Stable patients deserve a work-up; this has been where SNOM has come from -
they get sorted in the ED then go to the ICU / ward, rather than the OR.
This group is NOT best served by direct transfer to the OR.

 

Tim

Dr T C Hardcastle

M.B.,Ch.B.(Stell); M.Med(Chir); FCS(SA)

Senior Surgeon / Senior Lecturer: Surgery (Trauma and ICU)

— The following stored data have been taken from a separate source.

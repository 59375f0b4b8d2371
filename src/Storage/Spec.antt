-- ===== src/Storage/Spec.antt =====
-- What storage.go promises without a memory limit: every partition is a value of the PromSketch
-- library that the samples of its metrics go into, one after the other, whatever node holds it.
use prom_sketch_distributed.Common.{
  ◌-ℤ◌, ℕ, ◌%◌, String, ◌≡◌, Bool, false, ◌||◌, Option, none, some, List, [], ◌∷◌, ◌==◌,
  if◌then◌else◌, get_elem?, ℤ, pos, pos_part, ltb_ℤ, leb_ℤ, Result, ok, err,
}
use prom_sketch_distributed.Cluster.Partition.{to_uint64}
use prom_sketch_distributed.Insert.Router.{Label}
use prom_sketch_distributed.Targets.{SketchTarget, matches}
use prom_sketch_distributed.Storage.{
  Sketches, SketchConfig, Storage, StorageError, insert_failed, has_sketch_instance,
  create_sketch_instance,
}

abbrev pub verdict_of : Option String → Result StorageError (Unit {0})
verdict_of none = ok tt
verdict_of (some e) = err (insert_failed e)

-- The configuration of a node with this range of the partitions.
abbrev pub node_config : SketchConfig → ℤ → ℤ → SketchConfig
node_config cfg a b = record cfg { config_start = a; config_end = b }

-- Whether the range from `a` to `b` leaves a partition out.
abbrev pub outside : ℤ → ℤ → ℕ → Bool
outside a b k = ltb_ℤ (pos k) a || leb_ℤ b (pos k)

-- All partitions of the cluster, as a function of their number.
abbrev pub Partitions : Type 0 → Type 0
Partitions S = ℕ → S

abbrev pub update : {S : Type 0} → ℕ → S → Partitions S → Partitions S
update k x f j = if j == k then x else f j

-- A storage with the range from `a` to `b` that holds these partitions and has no memory limit.
pub record Implements {S : Type 0} (cfg : SketchConfig) (hashed a b : ℤ) (f : Partitions S)
    (s : Storage S) : Type 0 where
  pub configured : s.config ≡ cfg
  pub same_hash : s.num_hashed ≡ hashed
  pub unlimited : s.memory_limit ≡ 0
  pub starts : s.partition_start ≡ a
  pub ends : s.partition_end ≡ b
  pub held :
      (k : ℕ) → outside a b k ≡ false → get_elem? s.partitions (pos_part (pos k -ℤ a)) ≡ some (f k)

module _ {S V : Type 0} (lib : Sketches S V) (cfg : SketchConfig) where
  -- A sample in the sketches of a partition, whose instance is created first where it is missing.
  unfoldable pub stored : SketchTarget → S → List Label → ℤ → V → S × Option String
  stored target ps lbls timestamp value =
      (lib.sketch_insert)
        (if has_sketch_instance lib ps lbls
          then ps
          else create_sketch_instance lib cfg ps lbls target)
        lbls timestamp value

  abbrev pub start_partitions : Partitions S
  start_partitions k = lib.new_prom_sketches

-- The number of a sample's partition.
abbrev pub number : (String → ℕ) → (List Label → String → String) → ℤ → List Label → ℕ
number xxhash get hashed lbls = xxhash (get lbls "__name__") % to_uint64 hashed

module _ {S V : Type 0} (xxhash : String → ℕ) (get : List Label → String → String)
    (lib : Sketches S V) (cfg : SketchConfig) (hashed : ℤ) where
  unfoldable pub spec_insert : List Label × ℤ × V → Partitions S → Partitions S
  spec_insert (lbls, timestamp, value) f =
      let k = number xxhash get hashed lbls in
      elim (matches get cfg.targets lbls) [
        | none ↦ f
        | some target ↦ update k (stored lib cfg target (f k) lbls timestamp value).0 f
      ]

  unfoldable pub spec_verdict : List Label × ℤ × V → Partitions S → Result StorageError (Unit {0})
  spec_verdict (lbls, timestamp, value) f =
      let k = number xxhash get hashed lbls in
      elim (matches get cfg.targets lbls) [
        | none ↦ ok tt
        | some target ↦ verdict_of (stored lib cfg target (f k) lbls timestamp value).1
      ]

  abbrev pub spec_all : List (List Label × ℤ × V) → Partitions S → Partitions S
  spec_all [] f = f
  spec_all (call ∷ calls) f = spec_all calls (spec_insert call f)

ATLS  instructor and DSTC Cape Town Course Director

Intern program Coordinator: Surgery

M.Med (Emergency Medicine) Executive Committee member

Clinical Head (Director): Diana Princess of Wales Trauma Unit

Division of Surgery (General) Room 4064

Department of Surgical Sciences

Tygerberg Hospital / University of Stellenbosch

PO Box 19063

Tygerberg 7505

Western Cape

South Africa

e-mail: tch at sun.ac.za

Cell: +27824681615

Office: +27219389281 or 4911 pager 0302

 

 

 

-----Original Message-----

            "There is no role for the A+E/ED in trauma. It is merely to keep

the patient warm whilst being 'scooped and run' to the OR! A+E/ED doctors
role in trauma are as pre-hospital care clinicians which many of them have
now encompassed to become trauma team leaders with air
ambulances/pre-hospital care teams etc. They are there

to implement the Platinum 10 or the Diamond 5.that is get the patient to the
OR as quickly as possible for definitive or damage control surgery using
permissive hypotension etc.!!"

 

The latter comment has prompted many antagonistic comments within the

A+Es/EDs of many of my regional hospitals for my outspoken opinion. I am

sorry about this..but I will not apologise for stating what is obvious in

acting in the patient's best interests.